By Mateusz Rabiega and Jakob Van Calster
(Reuters) – Dutch bank ABN Amro posted a smaller drop in its quarterly net profit than analysts had expected on Wednesday, sending its shares to a six-year high in early trading.
Net profit was 619 million euros ($692.7 million) in the first quarter, helped by strong income from fees and commissions and limited impairment charges. Analysts polled by the lender were expecting a profit of 586 million euros on average.
As of 0755 GMT, the shares were up 7.2%, after touching their highest price since April 2019, with J.P.Morgan analysts highlighting the potential that a share buyback could be unveiled by the next quarterly report in August.
“Next quarter, we will assess our capital position in light of a potential share buyback,” finance chief Ferdinand Vaandrager told analysts.
ABN Amro’s CET1 ratio – measuring a bank’s liquidity to its risk exposure – rose to 14.7% from 13.8% a year earlier, above analysts’ estimate of 14.2%.
Its operating costs came down 19% from the previous quarter and stood at 1.31 billion euros.

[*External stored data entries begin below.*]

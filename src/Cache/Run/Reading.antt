-- ===== src/Cache/Run/Reading.antt =====
-- `_FAT_cache_readSectors` returns the sectors that the cache stands for.
use libfat.Base.{
  ℕ, zero, suc, ◌+◌, ◌-◌, ◌*◌, ◌^◌, ◌≤◌, ◌<◌, ◌≡◌, ◌≢◌, true, false, arith, u32, sub32, ◌==◌,
  Option, some, refl, ap, Buffer, memcpy, ◌∙◌,
}
use native.Mathlib.Decide.{ℕ_discrete, dec_lt}
use libfat.Disc.{DiscInterface, Contract, IsHealthy}
use libfat.Cache.State.{CacheConfig, CacheEntry, CacheState}
use libfat.Cache.Invariant.{Sectors, IsSound, Refines, Covers}
use libfat.Cache.Page.{get_page}
use libfat.Cache.Page.Refine.{Fetched, Fetched-some, get_page-Fetched, get_page-some}
use libfat.Cache.Sector.{Read}
use libfat.Cache.Sector.Update.{row_after}
use libfat.Cache.Run.Rows.{memcpy_row}
use libfat.Cache.Run.{run_length, read_run, read_sectors}

module _ {disc : DiscInterface} (config : CacheConfig) (sound : IsSound config)
    (contract : Contract disc config.bytes_per_sector)
    (healthy : IsHealthy disc config.end_of_partition) where
  open config use {number_of_pages, bytes_per_sector, end_of_partition, sectors_per_page}

  -- What one round copies.
  pub run_length_bounds :
      (e : CacheEntry) (sector num : ℕ)
      → Covers e sector
      → sector < 2 ^ 32
      → e.count < 2 ^ 32
      → 0 < num
      → (0 < run_length disc config e sector num)
        × (run_length disc config e sector num ≤ num)
        × (sector + run_length disc config e sector num ≤ e.sector + e.count)
  run_length_bounds e sector num c h h' h'' = ground arith

  module _ (sectors : Sectors) where
    -- A run that has been read whole.
    record ReadRun (b : Buffer) (dest sector num : ℕ) (r : Option (Read disc config)) : Type 0 where
      result : Read disc config
      ends : r ≡ some result
      success : result.ok ≡ true
      refines : Refines config contract result.state sectors
      copied :
          (k o : ℕ)
          → k < num
          → o < bytes_per_sector
          → result.buffer (dest + k * bytes_per_sector + o) ≡ sectors (sector + k) o
      before : (i : ℕ) → i < dest → result.buffer i ≡ b i

    read_run_stops :
        (fuel : ℕ) (st : CacheState disc) (b : Buffer) (dest sector num : ℕ)
        → num ≡ 0
        → read_run disc config fuel st b dest sector num
          ≡ some (record { ok = true; buffer = b; state = st })
    unfolding read_run
    read_run_stops zero st b dest sector num e = rw e refl
    read_run_stops (suc fuel) st b dest sector num e = rw (e, read_run) refl

    -- One round, where the page is there: `i` is the page, `st'` the state, `n` the run.
    read_run_round :
        (fuel : ℕ) (st : CacheState disc) (b : Buffer) (dest sector num i : ℕ)
        → num ≢ 0
        → (get_page disc config st sector).0 ≡ some i
        → let st' = (get_page disc config st sector).1 in
          let e = st'.cache_entries i in
          let n = run_length disc config e sector num in
          read_run disc config (suc fuel) st b dest sector num
          ≡ read_run disc config fuel st'
              (memcpy b dest e.cache
                (sub32 sector e.sector * bytes_per_sector)
                (n * bytes_per_sector))
              (dest + n * bytes_per_sector)
              (u32 (sector + n))
              (num - n)
    unfolding read_run
    read_run_round fuel st b dest sector num i ne e =
        let t : (num == 0) ≡ false = ground arith in rw (t, read_run) (rw (e, read_run) refl)

    module _ (st : CacheState disc) (b : Buffer) (dest sector num i : ℕ)
        (inside : sector + num ≤ end_of_partition) (some_left : num ≢ 0) (lt : i < number_of_pages)
        (c : Covers (st.cache_entries i) sector) (r : Refines config contract st sectors) where
      abbrev entry : CacheEntry
      entry = st.cache_entries i

      abbrev n : ℕ
      n = run_length disc config entry sector num

      abbrev copied_buffer : Buffer
      copied_buffer =
          memcpy b dest entry.cache (sub32 sector entry.sector * bytes_per_sector)
            (n * bytes_per_sector)

      round_bounds : (0 < n) × (n ≤ num) × (sector + n ≤ entry.sector + entry.count)
      round_bounds =
          run_length_bounds entry sector num c (omega (arith, sound.no_wrap))
            (ground (arith, r.shape i lt, sound.no_wrap)) (omega arith)

      round_copied :
          (k o : ℕ)
          → k < n
          → o < bytes_per_sector
          → copied_buffer (dest + k * bytes_per_sector + o) ≡ sectors (sector + k) o
      round_copied k o h h' =
          memcpy_row bytes_per_sector entry.sector sector n o (omega arith)
            (omega (arith, sound.no_wrap)) h' entry.cache b dest k h
          ∙ r.cached i (sector + k) o lt (omega (arith, round_bounds)) h'

      round_late :
          (k o : ℕ) (x : Read disc config)
          → ¬ (k < n)
          → k < num
          → o < bytes_per_sector
          → ((k' o' : ℕ)
              → k' < num - n
              → o' < bytes_per_sector
              → x.buffer (dest + n * bytes_per_sector + k' * bytes_per_sector + o')
                ≡ sectors (u32 (sector + n) + k') o')
          → x.buffer (dest + k * bytes_per_sector + o) ≡ sectors (sector + k) o
      round_late k o x late h h' copied =
          let e : k ≡ n + (k - n) = omega arith in
          let e' : k * bytes_per_sector ≡ n * bytes_per_sector + (k - n) * bytes_per_sector =
            ap (λ (t : ℕ). t * bytes_per_sector) e ∙ omega arith in
          let e'' : u32 (sector + n) + (k - n) ≡ sector + k =
            omega (arith, sound.no_wrap, round_bounds) in
          ground (arith, e', e'', copied (k - n) o)

      -- The rest of the run, from where the round ends.
      round-ReadRun :
          (rest : Option (Read disc config))
          → ReadRun copied_buffer (dest + n * bytes_per_sector) (u32 (sector + n)) (num - n) rest
          → ReadRun b dest sector num rest
      round-ReadRun rest f = record {
        result = f.result;
        ends = f.ends;
        success = f.success;
        refines = f.refines;
        copied = λ k o h h'. elim (dec_lt k n) [
          | yes early ↦
              let m : k * bytes_per_sector + bytes_per_sector ≤ n * bytes_per_sector =
                row_after bytes_per_sector k n early in
              f.before (dest + k * bytes_per_sector + o) (omega arith) ∙ round_copied k o early h'
          | no late ↦ round_late k o f.result late h h' f.copied
        ];
        before = λ i h. f.before i (omega arith) ∙ ground arith;
      }

    read_run_done :
        (fuel : ℕ) (st : CacheState disc) (b : Buffer) (dest sector num : ℕ)
        → num ≡ 0
        → Refines config contract st sectors
        → ReadRun b dest sector num (read_run disc config fuel st b dest sector num)
    read_run_done fuel st b dest sector num e r = record {
      result = record { ok = true; buffer = b; state = st };
      ends = read_run_stops fuel st b dest sector num e;
      success = refl;
      refines = r;
      copied = λ k o h. absurd (omega arith);
      before = λ i h. refl;
    }

    pub page_at :
        (st : CacheState disc) (sector : ℕ)
        → sector < end_of_partition
        → Refines config contract st sectors
        → (i : ℕ) × ((get_page disc config st sector).0 ≡ some i)
          × Fetched config sound contract sectors sector
              (some i, (get_page disc config st sector).1)
    page_at st sector inside r =
        let (i, e) = get_page-some config sound contract sectors st sector r inside healthy in
        (
          i,
          e,
          Fetched-some config sound contract sectors sector i (get_page disc config st sector) e
              (get_page-Fetched config sound contract sectors st sector r inside),
        )

    read_run-ReadRun :
        (fuel : ℕ) (st : CacheState disc) (b : Buffer) (dest sector num : ℕ)
        → num ≤ fuel
        → sector + num ≤ end_of_partition
        → Refines config contract st sectors
        → ReadRun b dest sector num (read_run disc config fuel st b dest sector num)
    read_run-ReadRun zero st b dest sector num le inside r =
        read_run_done zero st b dest sector num (omega arith) r
    read_run-ReadRun (suc fuel) st b dest sector num le inside r = elim (ℕ_discrete num 0) [
      | yes e ↦ read_run_done (suc fuel) st b dest sector num e r
      | no ne ↦
          let (i, e, (lt, c, r')) = page_at st sector (omega arith) r in
          let st' = (get_page disc config st sector).1 in
          let (pos, le', within) = round_bounds st' b dest sector num i inside ne lt c r' in
          rw (read_run_round fuel st b dest sector num i ne e) (
            round-ReadRun st' b dest sector num i inside ne lt c r' _
              (read_run-ReadRun fuel st' _ _ _ _ (omega arith) (omega (arith, sound.no_wrap)) r'))
    ]

    -- On a medium without faults reading a run of sectors of the partition ends and succeeds, the
    -- buffer holds the bytes of those sectors, and the cache stands for the same sectors.
    pub read_sectors-Refines :
        (st : CacheState disc) (b : Buffer) (sector num : ℕ)
        → sector + num ≤ end_of_partition
        → Refines config contract st sectors
        → (x : Read disc config) × (read_sectors disc config st sector num b ≡ some x)
          × (x.ok ≡ true)
          × ((k o : ℕ)
              → k < num
              → o < bytes_per_sector
              → x.buffer (k * bytes_per_sector + o) ≡ sectors (sector + k) o)
          × Refines config contract x.state sectors
    unfolding read_sectors
    read_sectors-Refines st b sector num inside r =
        let f = read_run-ReadRun num st b 0 sector num (omega arith) inside r in
        (f.result, f.ends, f.success, λ k o h h'. ground (arith, f.copied k o h h'), f.refines)
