-- ===== src/Cache/Run/Writing.antt =====
-- `_FAT_cache_writeSectors` changes the sectors that the cache stands for, and no others.
use libfat.Base.{
  ℕ, zero, suc, ◌+◌, ◌-◌, ◌*◌, ◌^◌, ◌≤◌, ◌<◌, ◌≡◌, ◌≢◌, true, false, ◌&&◌, arith, u32, sub32, ltb,
  leb, ◌==◌, if◌then◌else◌, Option, some, refl, ap, Buffer, memcpy, ◌∙◌,
}
use mathlib.Core.Path.{fun_ext, subst}
use native.Mathlib.Decide.{ℕ_discrete, dec_lt}
use libfat.Disc.{DiscInterface, Contract, IsHealthy}
use libfat.Cache.State.{CacheConfig, CacheState}
use libfat.Cache.Invariant.{Sectors, IsSound, Refines, Covers}
use libfat.Cache.Page.{get_page}
use libfat.Cache.Sector.{Write, modify}
use libfat.Cache.Sector.Update.{modify-Refines}
use libfat.Cache.Run.{run_length, write_run, write_sectors}
use libfat.Cache.Run.Rows.{page-memcpy_rows}
use libfat.Cache.Run.Reading.{run_length_bounds, page_at}

-- The sectors after `num` of them from `sector` on were taken from `b`, from offset `src` on.
abbrev pub put_run : ℕ → Sectors → ℕ → ℕ → Buffer → ℕ → Sectors
put_run w sectors sector num b src s o =
    if leb sector s && ltb s (sector + num) then b (src + (s - sector) * w + o) else sectors s o

-- Two runs that follow one another are one run.
put_run-put_run :
    (w : ℕ) (sectors : Sectors) (sector n num : ℕ) (b : Buffer) (src : ℕ)
    → n ≤ num
    → put_run w (put_run w sectors sector n b src) (sector + n) (num - n) b (src + n * w)
      ≡ put_run w sectors sector num b src
put_run-put_run w sectors sector n num b src le = fun_ext λ s. fun_ext λ o.
    elim (dec_lt s (sector + n)) [
      | yes early ↦ ground arith
      | no late ↦
          let e : s - sector ≡ n + (s - (sector + n)) = omega arith in
          let e' : (s - sector) * w ≡ n * w + (s - (sector + n)) * w =
            ap (λ (t : ℕ). t * w) e ∙ omega arith in
          ground (arith, e')
    ]

put_run-zero :
    (w : ℕ) (sectors : Sectors) (sector num : ℕ) (b : Buffer) (src : ℕ)
    → num ≡ 0
    → put_run w sectors sector num b src ≡ sectors
put_run-zero w sectors sector num b src e = fun_ext λ s. fun_ext λ o. ground arith

module _ {disc : DiscInterface} (config : CacheConfig) (sound : IsSound config)
    (contract : Contract disc config.bytes_per_sector)
    (healthy : IsHealthy disc config.end_of_partition) where
  open config use {number_of_pages, bytes_per_sector, end_of_partition, sectors_per_page}

  write_run_stops :
      (fuel : ℕ) (st : CacheState disc) (b : Buffer) (src sector num : ℕ)
      → num ≡ 0
      → write_run disc config fuel st b src sector num ≡ some (record { ok = true; state = st })
  unfolding write_run
  write_run_stops zero st b src sector num e = rw e refl
  write_run_stops (suc fuel) st b src sector num e = rw (e, write_run) refl

  write_run_round :
      (fuel : ℕ) (st : CacheState disc) (b : Buffer) (src sector num i : ℕ)
      → num ≢ 0
      → (get_page disc config st sector).0 ≡ some i
      → let st' = (get_page disc config st sector).1 in
        let e = st'.cache_entries i in
        let n = run_length disc config e sector num in
        write_run disc config (suc fuel) st b src sector num
        ≡ write_run disc config fuel
            (modify disc config st' i (
              memcpy e.cache
                (sub32 sector e.sector * bytes_per_sector)
                b
                src
                (n * bytes_per_sector)))
            b
            (src + n * bytes_per_sector)
            (u32 (sector + n))
            (num - n)
  unfolding write_run
  write_run_round fuel st b src sector num i ne e =
      let t : (num == 0) ≡ false = ground arith in rw (t, write_run) (rw (e, write_run) refl)

  -- What one round does to the sectors.
  write_round-Refines :
      (sectors : Sectors) (st : CacheState disc) (b : Buffer) (src sector n i : ℕ)
      → i < number_of_pages
      → Covers (st.cache_entries i) sector
      → Refines config contract st sectors
      → sector < end_of_partition
      → sector + n ≤ (st.cache_entries i).sector + (st.cache_entries i).count
      → Refines config contract
          (modify disc config st i (
            memcpy
              (st.cache_entries i).cache
              (sub32 sector (st.cache_entries i).sector * bytes_per_sector)
              b
              src
              (n * bytes_per_sector)))
          (put_run bytes_per_sector sectors sector n b src)
  write_round-Refines sectors st b src sector n i lt c r inside within =
      modify-Refines config sound contract sectors (put_run bytes_per_sector sectors sector n b src)
        st i _ lt sector c r
        (λ s o c' h. ground (
          arith,
          r.cached i s o lt c' h,
          page-memcpy_rows bytes_per_sector (st.cache_entries i).sector sector n o (omega arith)
              (omega (arith, sound.no_wrap)) h (st.cache_entries i).cache b src s (omega arith),
        ))
        (λ s o nc. ground arith)

  -- A run that has been written whole.
  record WriteRun (sectors : Sectors) (b : Buffer) (src sector num : ℕ)
      (r : Option (Write disc config)) : Type 0 where
    result : Write disc config
    ends : r ≡ some result
    success : result.ok ≡ true
    refines :
        Refines config contract result.state (put_run bytes_per_sector sectors sector num b src)

  write_done :
      (fuel : ℕ) (sectors : Sectors) (st : CacheState disc) (b : Buffer) (src sector num : ℕ)
      → num ≡ 0
      → Refines config contract st sectors
      → WriteRun sectors b src sector num (write_run disc config fuel st b src sector num)
  write_done fuel sectors st b src sector num e r = record {
    result = record { ok = true; state = st };
    ends = write_run_stops fuel st b src sector num e;
    success = refl;
    refines = rw (put_run-zero bytes_per_sector sectors sector num b src e) r;
  }

  -- A round of `n` sectors and what follows it.
  write_rest :
      (sectors : Sectors) (b : Buffer) (src sector n num : ℕ) (rest : Option (Write disc config))
      → n ≤ num
      → sector + n < 2 ^ 32
      → WriteRun
          (put_run bytes_per_sector sectors sector n b src)
          b
          (src + n * bytes_per_sector)
          (u32 (sector + n))
          (num - n)
          rest
      → WriteRun sectors b src sector num rest
  write_rest sectors b src sector n num rest le small f =
      let e : u32 (sector + n) ≡ sector + n = omega arith in
      record {
        result = f.result;
        ends = f.ends;
        success = f.success;
        refines =
            subst (Refines config contract f.result.state)
              (rw e (put_run-put_run bytes_per_sector sectors sector n num b src le)) f.refines;
      }

  write_run-WriteRun :
      (fuel : ℕ) (sectors : Sectors) (st : CacheState disc) (b : Buffer) (src sector num : ℕ)
      → num ≤ fuel
      → sector + num ≤ end_of_partition
      → Refines config contract st sectors
      → WriteRun sectors b src sector num (write_run disc config fuel st b src sector num)
  write_run-WriteRun zero sectors st b src sector num le inside r =
      write_done zero sectors st b src sector num (omega arith) r
  write_run-WriteRun (suc fuel) sectors st b src sector num le inside r = elim (ℕ_discrete num 0) [
    | yes e ↦ write_done (suc fuel) sectors st b src sector num e r
    | no ne ↦
        let (i, e, (lt, c, r')) =
          page_at config sound contract healthy sectors st sector (omega arith) r in
        let st' = (get_page disc config st sector).1 in
        let n = run_length disc config (st'.cache_entries i) sector num in
        let (pos, le', within) =
          run_length_bounds config sound contract healthy (st'.cache_entries i) sector num c
            (omega (arith, sound.no_wrap)) (ground (arith, r'.shape i lt, sound.no_wrap))
            (omega arith) in
        rw (write_run_round fuel st b src sector num i ne e) (
          write_rest sectors b src sector n num _ le' (omega (arith, sound.no_wrap)) (
            write_run-WriteRun fuel (put_run bytes_per_sector sectors sector n b src) _ b
              (src + n * bytes_per_sector) (u32 (sector + n)) (num - n) (omega arith)
              (omega (arith, sound.no_wrap))
              (write_round-Refines sectors st' b src sector n i lt c r' (omega arith) within)))
  ]

  -- On a medium without faults writing a run of sectors of the partition ends and succeeds, and the
  -- cache then stands for the sectors with those replaced by the bytes of the buffer.
  pub write_sectors-Refines :
      (sectors : Sectors) (st : CacheState disc) (b : Buffer) (sector num : ℕ)
      → sector + num ≤ end_of_partition
      → Refines config contract st sectors
      → (x : Write disc config) × (write_sectors disc config st sector num b ≡ some x)
        × (x.ok ≡ true)
        × Refines config contract x.state (put_run bytes_per_sector sectors sector num b 0)
  unfolding write_sectors
  write_sectors-Refines sectors st b sector num inside r =
      let f = write_run-WriteRun num sectors st b 0 sector num (omega arith) inside r in
      (f.result, f.ends, f.success, f.refines)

“After a few quarters of rising costs, we managed to reduce our underlying costs,” CEO Marguerite Bérard said in a statement. “To deliver on our guidance of keeping (them) broadly flat compared to last year, cost discipline remains a priority.”
The bank reiterated its annual cost guidance of 5.3 billion to 5.4 billion euros.
In early April, it imposed a temporary hiring freeze that applied to all of its departments, units and regions of operation.
However, its net interest income of 1.56 billion euros was slightly below analysts’ expectations, hurt by margin pressure from mortgages and lower volumes of corporate loans.
While roughly stable year-on-year, the interest income declined by 109 million euros from the last quarter, as deposit margins were pushed down by declining interest rates.
The European banking sector benefited from rising interest rates during the period of high inflation, but that boost has waned after the European Central Bank cut its key rates seven times over the past year, with another cut expected in June.